Our young 23 year old guide helped us navigate the waters and up to a cave, which we attempted to go through the cave but got stuck due to the weight of our kayaks.  Our kayaks struggled to make through the passageway because of the low tide. My brother got out of the cave and attempted to push the kayak with me in it and cut his food on the rocks and almost lost his flip flop sandal.We had to pull the kayaks through a small cave opening. Once inside we saw corals in a small enclosed bay,  Covered in mussles and covered in corals. There were oysters spitting up into the air. The dark red corals and there were smaller blue and purple ones as well. There were monkies jumping and eating berries off of the trees above the water. We watched them for nearly 10 minutes before the forest became silent and we were set to make our way back out of the cave. It was more difficult on the way out because the water was flowing into the cave against the direction of our boats, so this time I hopped out in wearing my vibram foot watershoes that are so popular nowadays, and I pulled my brother in the kayak through the cave. Everything was going great until I reached a perilous point in the journey where the cave was dark and I was up to my waist in water. The guide was behind me also struggling to exit the cave. At one point I tried to hop back into the kayak out of fear or falling into some dark abyss, and so we started paddling as hard as we could but we were going backwards out back into the bay again. I had to get us through the cave somehow, and my brother in his flip flops wasn't getting out of the kayak again. So I jumped out and pulled us through the cave up to my waist in water, through the dark cave probably filled with bats and snakes or something, and got us out to the other side again.   It's definitely recommended that you wear watershoes or tight fitting sandals n the kayaking tours because if the tide is low it will be difficult to get through the caves. 

 

That evening, we enjoy another fantastic sangria sunset party, and my brother takes to squid fishing. He manages to catch one, and not only that, but he caught the biggest one of the night, with his only rival being a smaller one caught by a Korean lady. While we were "fishing for squid" one night during our cruise, there was a conspicuous boat trawling around the area where our boat was parked. It smelled like nasty diesel.
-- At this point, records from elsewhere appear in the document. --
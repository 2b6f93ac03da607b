-- ===== src/Autopilot/Accounts.antt =====
-- The cycles of a campaign: at most one at a time, and none counted as completed that was not started.
use wander_mind.Prelude.{ℕ, ◌+◌, ◌≤◌, ◌≡◌, refl, Text, Bool, true, false, Option, none, some, arith}
use wander_mind.Float.{Float}
use wander_mind.Models.Enums.{AutopilotStatus}
use wander_mind.Models.Budget.{WanderBudget}
use wander_mind.Models.Session.{WanderSession}
use wander_mind.Models.Campaign.{AutopilotCampaign, new_campaign}
use wander_mind.Autopilot.State.{Services, Pilot, PlannedSeed, overflow_error, save}
use wander_mind.Autopilot.Cycle.{
  Counts, completed_campaign, started_campaign, save_now, save_completed, finalize_cycle,
  start_planned, start_cycle, resubmit, visit_session, start_if_due, is_due, advance, tick_campaign,
  tick_locked, is_open, is_active_campaign,
}
use wander_mind.Autopilot.Control.{
  create_campaign, resumed, resume_campaign, update_campaign, finalize_ended, stop_session,
  halt_campaign, record_error,
}
use wander_mind.Autopilot.Frame.{
  Keeps, Keeps-bind, Keeps-pure, Keeps-raise, Keeps-if, Keeps-ask, Keeps-attempt, Keeps-write,
  Keeps-campaign, promote_wonders-Keeps,
}

abbrev pub running : Option ℕ → ℕ
running none = 0
running (some session_id) = 1

-- The completed cycles and the one that runs are among those that were started.
abbrev pub IsAccounted : AutopilotCampaign → Type 0
IsAccounted campaign =
    campaign.cycles_completed + running campaign.current_session_id ≤ campaign.cycles_started

abbrev pub Accounted : Option AutopilotCampaign → Type 0
Accounted none = Unit
Accounted (some campaign) = IsAccounted campaign

abbrev pub Kept : {A : Type 0} → Pilot A → Type 0
Kept m = Keeps Accounted m

save-Kept :
    (now : ℕ) (campaign : AutopilotCampaign) → IsAccounted campaign → Kept (save now campaign)
unfolding save
save-Kept now campaign h = record { at = λ s _. h }

create-Kept :
    (campaign : AutopilotCampaign) → IsAccounted campaign → Kept (create_campaign campaign)
unfolding create_campaign
create-Kept campaign h = record { at = λ s _. h }

module _ (v : Services) where
  save_now-Kept : (campaign : AutopilotCampaign) → IsAccounted campaign → Kept (save_now v campaign)
  unfolding save_now
  save_now-Kept campaign h =
      Keeps-bind Accounted _ _ (Keeps-ask Accounted _) (λ now. save-Kept now campaign h)

  save_completed-Kept :
      (campaign : AutopilotCampaign) (session : WanderSession) (n : Counts) (now : ℕ)
      (delay : Option Float)
      → campaign.cycles_completed + 1 ≤ campaign.cycles_started
      → Kept (save_completed v campaign session n now delay)
  unfolding save_completed completed_campaign
  save_completed-Kept campaign session n now none h = Keeps-raise Accounted overflow_error
  save_completed-Kept campaign session n now (some delay) h = save-Kept now _ (omega (arith, h))

  finalize_cycle-Kept :
      (campaign : AutopilotCampaign) (session : WanderSession)
      → campaign.cycles_completed + 1 ≤ campaign.cycles_started
      → Kept (finalize_cycle v campaign session)
  unfolding finalize_cycle
  finalize_cycle-Kept campaign session h =
      Keeps-bind Accounted _ _ (Keeps-ask Accounted _) λ candidates.
        Keeps-bind Accounted _ _ (Keeps-ask Accounted _) λ wonders.
          Keeps-bind Accounted _ _ (Keeps-ask Accounted _) λ calls.
            Keeps-bind Accounted _ _ (promote_wonders-Keeps Accounted v _ _) λ promoted.
              Keeps-bind Accounted _ _ (Keeps-ask Accounted _)
                λ now. save_completed-Kept campaign session _ now _ h

  start_planned-Kept :
      (campaign : AutopilotCampaign) (plan : Option PlannedSeed)
      → campaign.current_session_id ≡ none
      → IsAccounted campaign
      → Kept (start_planned v campaign plan)
  unfolding start_planned started_campaign
  start_planned-Kept campaign none e h =
      Keeps-bind Accounted _ _ (Keeps-ask Accounted _) (λ now. save_now-Kept _ h)
  start_planned-Kept campaign (some seed) e h =
      Keeps-bind Accounted _ _ (Keeps-write Accounted _) λ _.
        Keeps-bind Accounted _ _ (Keeps-attempt Accounted _) λ session_id.
          Keeps-bind Accounted _ _ (Keeps-write Accounted _) λ _.
            Keeps-bind Accounted _ _ (Keeps-ask Accounted _)
              λ now. save-Kept now _ (ground (arith, e, h))

  start_cycle-Kept :
      (campaign : AutopilotCampaign)
      → campaign.current_session_id ≡ none
      → IsAccounted campaign
      → Kept (start_cycle v campaign)
  unfolding start_cycle
  start_cycle-Kept campaign e h =
      Keeps-bind Accounted _ _ (Keeps-ask Accounted _)
        (λ plan. start_planned-Kept campaign plan e h)

  resubmit-Kept : (active : Bool) (session_id : ℕ) → Kept (resubmit v active session_id)
  unfolding resubmit
  resubmit-Kept true session_id = Keeps-pure Accounted tt
  resubmit-Kept false session_id = Keeps-write Accounted _

  visit_session-Kept :
      (campaign : AutopilotCampaign) (session : Option WanderSession)
      → campaign.cycles_completed + 1 ≤ campaign.cycles_started
      → Kept (visit_session v campaign session)
  unfolding visit_session
  visit_session-Kept campaign none h =
      Keeps-bind Accounted _ _ (Keeps-ask Accounted _) (λ now. save_now-Kept _ (omega (arith, h)))
  visit_session-Kept campaign (some session) h =
      Keeps-if Accounted (is_open session.status) _ _
        (Keeps-bind Accounted _ _ (Keeps-ask Accounted _)
          (λ active. resubmit-Kept active session.id))
        (finalize_cycle-Kept campaign session h)

  start_if_due-Kept :
      (campaign : AutopilotCampaign) (at : Option ℕ)
      → campaign.current_session_id ≡ none
      → IsAccounted campaign
      → Kept (start_if_due v campaign at)
  unfolding start_if_due
  start_if_due-Kept campaign none e h = start_cycle-Kept campaign e h
  start_if_due-Kept campaign (some at) e h = Keeps-bind Accounted _ _ (Keeps-ask Accounted _) λ now.
      Keeps-if Accounted (is_due v (some at) now) _ _ (start_cycle-Kept campaign e h)
        (Keeps-pure Accounted tt)

  advance-Kept :
      (campaign : AutopilotCampaign) (current : Option ℕ)
      → campaign.current_session_id ≡ current
      → IsAccounted campaign
      → Kept (advance v campaign current)
  unfolding advance
  advance-Kept campaign none e h = start_if_due-Kept campaign campaign.next_cycle_at e h
  advance-Kept campaign (some session_id) e h =
      Keeps-bind Accounted _ _ (Keeps-ask Accounted _)
        (λ session. visit_session-Kept campaign session (ground (arith, e, h)))

  tick_campaign-Kept :
      (campaign : Option AutopilotCampaign) → Accounted campaign → Kept (tick_campaign v campaign)
  unfolding tick_campaign
  tick_campaign-Kept none h = Keeps-pure Accounted tt
  tick_campaign-Kept (some campaign) h =
      Keeps-if Accounted (is_active_campaign campaign.status) _ _
        (advance-Kept campaign campaign.current_session_id refl h) (Keeps-pure Accounted tt)

  pub tick_locked-Kept : Kept (tick_locked v)
  unfolding tick_locked
  tick_locked-Kept = Keeps-campaign Accounted _ (λ s h. tick_campaign-Kept s.campaign h)

  pub resume_campaign-Kept :
      (objective : Option Text) (budget : Option WanderBudget) (campaign : Option AutopilotCampaign)
      → Accounted campaign
      → Kept (resume_campaign v objective budget campaign)
  unfolding resume_campaign new_campaign resumed
  resume_campaign-Kept objective budget none h =
      Keeps-bind Accounted _ _ (Keeps-ask Accounted _)
        λ now. Keeps-bind Accounted _ _ (Keeps-ask Accounted _) (λ id. create-Kept _ (omega arith))
  resume_campaign-Kept objective budget (some campaign) h =
      Keeps-bind Accounted _ _ (Keeps-ask Accounted _) (λ now. save_now-Kept _ h)

  pub update_campaign-Kept :
      (objective : Text) (campaign : Option AutopilotCampaign)
      → Accounted campaign
      → Kept (update_campaign v objective campaign)
  unfolding update_campaign new_campaign
  update_campaign-Kept objective none h =
      Keeps-bind Accounted _ _ (Keeps-ask Accounted _)
        λ now. Keeps-bind Accounted _ _ (Keeps-ask Accounted _) (λ id. create-Kept _ (omega arith))
  update_campaign-Kept objective (some campaign) h = save_now-Kept _ h

  finalize_ended-Kept :
      (campaign : AutopilotCampaign) (session : Option WanderSession)
      → campaign.cycles_completed + 1 ≤ campaign.cycles_started
      → Kept (finalize_ended v campaign session)
  unfolding finalize_ended
  finalize_ended-Kept campaign none h = Keeps-pure Accounted tt
  finalize_ended-Kept campaign (some session) h =
      Keeps-if Accounted (is_open session.status) _ _ (Keeps-pure Accounted tt)
        (finalize_cycle-Kept campaign session h)

  stop_session-Kept :
      (campaign : AutopilotCampaign) (current : Option ℕ)
      → campaign.current_session_id ≡ current
      → IsAccounted campaign
      → Kept (stop_session v campaign current)
  unfolding stop_session
  stop_session-Kept campaign none e h = Keeps-pure Accounted tt
  stop_session-Kept campaign (some session_id) e h =
      Keeps-bind Accounted _ _ (Keeps-write Accounted _) λ _.
        Keeps-bind Accounted _ _ (Keeps-ask Accounted _)
          (λ session. finalize_ended-Kept campaign session (ground (arith, e, h)))

  pub halt_campaign-Kept :
      (status : AutopilotStatus) (campaign : Option AutopilotCampaign)
      → Accounted campaign
      → Kept (halt_campaign v status campaign)
  unfolding halt_campaign
  halt_campaign-Kept status none h = Keeps-pure Accounted tt
  halt_campaign-Kept status (some campaign) h = Keeps-bind Accounted _ _ (save_now-Kept _ h) (λ _.
      stop_session-Kept (record campaign { status = status; next_cycle_at = none })
        campaign.current_session_id refl h)

  pub record_error-Kept :
      (message : Text) (campaign : Option AutopilotCampaign)
      → Accounted campaign
      → Kept (record_error v message campaign)
  unfolding record_error
  record_error-Kept message none h = Keeps-pure Accounted tt
  record_error-Kept message (some campaign) h =
      Keeps-bind Accounted _ _ (Keeps-ask Accounted _) (λ now. save_now-Kept _ h)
I had a feeling it was trawling for shrimp, and due to my overeducation at one point it was simply there to eliminate the jellyfish there so the tourists could swim. It makes me sad that so many tourists want to come here and then expect to eat lots of seafoods during their cruise. Being a vegetarian is so hard hanging out with normal westerners. I usually feel like no one understands why anyone would be a vegetarian, and I'm often surprised no one knows about overfishing or the environmental consequences of food choices; what to speak of the health reasons for vegetarianism including eating the antibiotics found in fish from Asia, or other toxins found in bottom feeding fish and shrimps. There were huge fish recalls in the US from imported fish and shrimp from Asia, particularly China due to antibiotics and other toxins found in the foods. Overfishing will kill the oceans as soon as 2050 some people predict. The oceans are fished to probably 50%, and around 90% of the big fish are already gone. Marine conservation should be a huge priority here, but it's not. I was shocked.  I've become so jaded that I've been a vegetarian since I was 12 years old that I often will taste or sample meat to see what is the big deal. I didn't even like half of the seafood I tried on the cruise. It didn't even taste great. Some of the local fishers I saw at the Amazing cave selling shrimps, cuttlefish, etc to the other villagers. They had around 20-30 of each kind of fish or shrimp, which isn't a lot. The huge fishing boats off the shore are no doubt to feed all of Hanoi, which is a large city with a diet mostly of seafoods. Vietnam has very few vegetarians. On the cruise, one of the days they fed me 80% potatoes, French fries, potato curry, sweet potato balls, and then a squash dish. Two out of 3 nights I got served a dessert for an entree because the young 25 year old chef had no idea how to prepare anything vegetarian as a replacement.